In the entries that follow, how many lines contain the word "finished"? Answer with the number only.

[Dataset entries]
- - - - - - -

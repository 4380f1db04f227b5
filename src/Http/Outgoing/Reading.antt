-- ===== src/Http/Outgoing/Reading.antt =====
-- src/http/incoming/Message.cc: the parser on the parts of a response as a writer writes them: the
-- header lines, the empty line, the body.
use native.Mathlib.Nat.{suc-add, zero-add}
use rikitiki.Base.Decimal.{decimal, decimal-IsDigits, is_digit}
use rikitiki.Base.StringMap.{lookup}
use rikitiki.Base.{
  ℕ, suc, ◌+◌, ◌^◌, ◌<◌, true, false, List, [], ◌∷◌, ◌++◌, none, some, ◌≡◌, ◌≢◌, refl, ap, ◌∙◌,
  arith, Bytes, isspace, equal_iff, length, All, HasNoNul, append_assoc, append-nil, length-append,
  ne→==,
}
use rikitiki.Http.Header.{HeaderCollection, Header, add, lookup-add}
use rikitiki.Http.Parsing.{headers, body, finished, known_size, BufferMode, size_max}
use rikitiki.Http.Parsing.Scan.{is_newline, begins_blank}
use rikitiki.Http.Parsing.Reader.{Reader, Outcome, returned, pass}
use rikitiki.Http.Parsing.Reader.Round
use rikitiki.Http.Parsing.Reader.Line.{crlf, at_line, full_line, loop_crlf}
use rikitiki.Http.Incoming.{IMessage, on_buffered}
use rikitiki.Http.Incoming.Client.{stream_client}
use rikitiki.Http.Incoming.Steps.{
  IsSent, add_headers, header_text, header_text_line, header_text-IsLine, loop, loop_step,
  read_header, read_end, read_sized, length_name, encoding_name,
}
use rikitiki.Http.Outgoing.{length_header}
use rikitiki.Http.Outgoing.Output.{line_of, lines_of}
use rikitiki.Http.Response.{set_startline}
use rikitiki.Http.Status.{HttpStatus}

-- A header that does not tell how the body is delimited.
abbrev pub IsPlainHeader : Header → Type 0
IsPlainHeader h = IsSent h × (h.first ≢ length_name) × (h.first ≢ encoding_name)

pub digits-plain :
    (v : Bytes)
    → All (λ c. is_digit c ≡ true) v
    → All (λ c. is_newline c ≡ false) v × HasNoNul v × (begins_blank v ≡ false)
digits-plain [] h = (tt, tt, refl)
digits-plain (c ∷ v) (d, h) =
    let (line, text, _) = digits-plain v h in
    ((ground arith, line), (ground arith, text), ground arith)

pub length_header-IsSent : (n : ℕ) → IsSent (length_header (decimal n))
length_header-IsSent n =
    let (line, text, start) = digits-plain (decimal n) (decimal-IsDigits n) in
    record {
      name = unfold isspace in ground arith;
      value = (line, start);
      named = λ e. cc e;
      name_text = omega arith;
      value_text = text;
    }

pub lookup-add_headers :
    (name : Bytes) (hs : List Header) (m : HeaderCollection)
    → All (λ h. h.first ≢ name) hs
    → lookup name (add_headers hs m) ≡ lookup name m
lookup-add_headers name [] m other = refl
lookup-add_headers name (h ∷ hs) m (ne, other) =
    lookup-add_headers name hs (add h.first h.second m) other
    ∙ lookup-add name h.first h.second m
    ∙ ground (arith, equal_iff name h.first)

abbrev pub read_on : ℕ → Reader → IMessage HttpStatus → Bytes → Outcome (IMessage HttpStatus)
read_on = loop set_startline

line_of_text : (h : Header) (rest : Bytes) → line_of h ++ rest ≡ header_text h ++ (crlf ++ rest)
line_of_text h rest = simp append_assoc

pub read_line :
    (f e : ℕ) (m : IMessage HttpStatus) (h : Header) (rest : Bytes)
    → m.stream_state ≡ headers
    → IsSent h
    → length (line_of h ++ rest) < 2 ^ 64
    → read_on (suc f) (at_line e) m (line_of h ++ rest)
      ≡ read_on f
          (at_line (length (line_of h)))
          (record m { header_map = add h.first h.second m.header_map })
          rest
read_line f e m h rest s sent small =
    rw (line_of_text h rest, header_text_line h)
      (loop_step set_startline f e m _ (header_text h) rest (header_text-IsLine h sent)
        (rw (line_of_text h rest) at small)
        (rw (header_text_line h) at
          (read_header set_startline (full_line (header_text h)) m h s sent)))

-- Every header is added in turn.
pub read_lines :
    (hs : List Header) (f e : ℕ) (m : IMessage HttpStatus) (rest : Bytes)
    → m.stream_state ≡ headers
    → All IsSent hs
    → length (lines_of hs ++ rest) < 2 ^ 64
    → (e' : ℕ) × (read_on (length hs + f) (at_line e) m (lines_of hs ++ rest)
        ≡ read_on f (at_line e') (record m { header_map = add_headers hs m.header_map }) rest)
read_lines [] f e m rest s sent small = (e, rw zero-add refl)
read_lines (h ∷ hs) f e m rest s (first, sent) small =
    let rest' = lines_of hs ++ rest in
    let all : length (line_of h ++ rest') < 2 ^ 64 = rw (append_assoc (line_of h)) at small in
    let m' = record m { header_map = add h.first h.second m.header_map } in
    let (e', later) =
      read_lines hs f (length (line_of h)) m' rest s sent
        (omega (arith, length-append (line_of h) rest')) in
    (
      e',
      rw (append_assoc (line_of h), suc-add)
          (read_line (length hs + f) e m h rest' s first all ∙ later),
    )

-- The reader behind a message with a known size.
abbrev pub at_end : Reader
at_end = record { mode = BufferMode.none; expected_size = 0; buffer = [] }

read_rest :
    (f : ℕ) (m : IMessage HttpStatus) (c : ℕ) (cs : Bytes)
    → m.stream_state ≡ body
    → m.body_type ≡ known_size
    → m.is_bad ≡ false
    → read_on (suc f) (record at_end { expected_size = length (c ∷ cs) }) m (c ∷ cs)
      ≡ returned true at_end (record m { stream_state = finished; content = m.content ++ c ∷ cs })
read_rest f m c cs s t good =
    let r = record at_end { expected_size = length (c ∷ cs) } in
    Round.loop_body (on_buffered set_startline) (stream_client set_startline) f r m c cs refl
    ∙ ap pass (read_sized set_startline r m c cs s t good refl)

-- The empty line and the body behind it.
pub read_payload :
    (e : ℕ) (m : IMessage HttpStatus) (d : Bytes)
    → m.stream_state ≡ headers
    → m.is_bad ≡ false
    → lookup length_name m.header_map ≡ some (decimal (length d))
    → lookup encoding_name m.header_map ≡ none
    → length (crlf ++ d) < size_max
    → read_on 2 (at_line e) m (crlf ++ d)
      ≡ returned true at_end
          (record m { body_type = known_size; stream_state = finished; content = m.content ++ d })
read_payload e m [] s good sized plain small =
    loop_crlf (on_buffered set_startline) (stream_client set_startline) 1 e m [] [] tt (omega arith)
    ∙ rw (read_end set_startline m 0 s sized plain (omega arith), append-nil m.content)
read_payload e m (c ∷ cs) s good sized plain small =
    loop_crlf (on_buffered set_startline) (stream_client set_startline) 1 e m [] (c ∷ cs) tt
      (omega arith)
    ∙ rw
        (
          read_end set_startline m (length (c ∷ cs)) s sized plain (omega arith),
          ne→== (length (c ∷ cs)) 0 (omega arith),
        )
        (read_rest 0 (record m { body_type = known_size; stream_state = body }) c cs refl refl good)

- - - - - - -

Problem solution: 3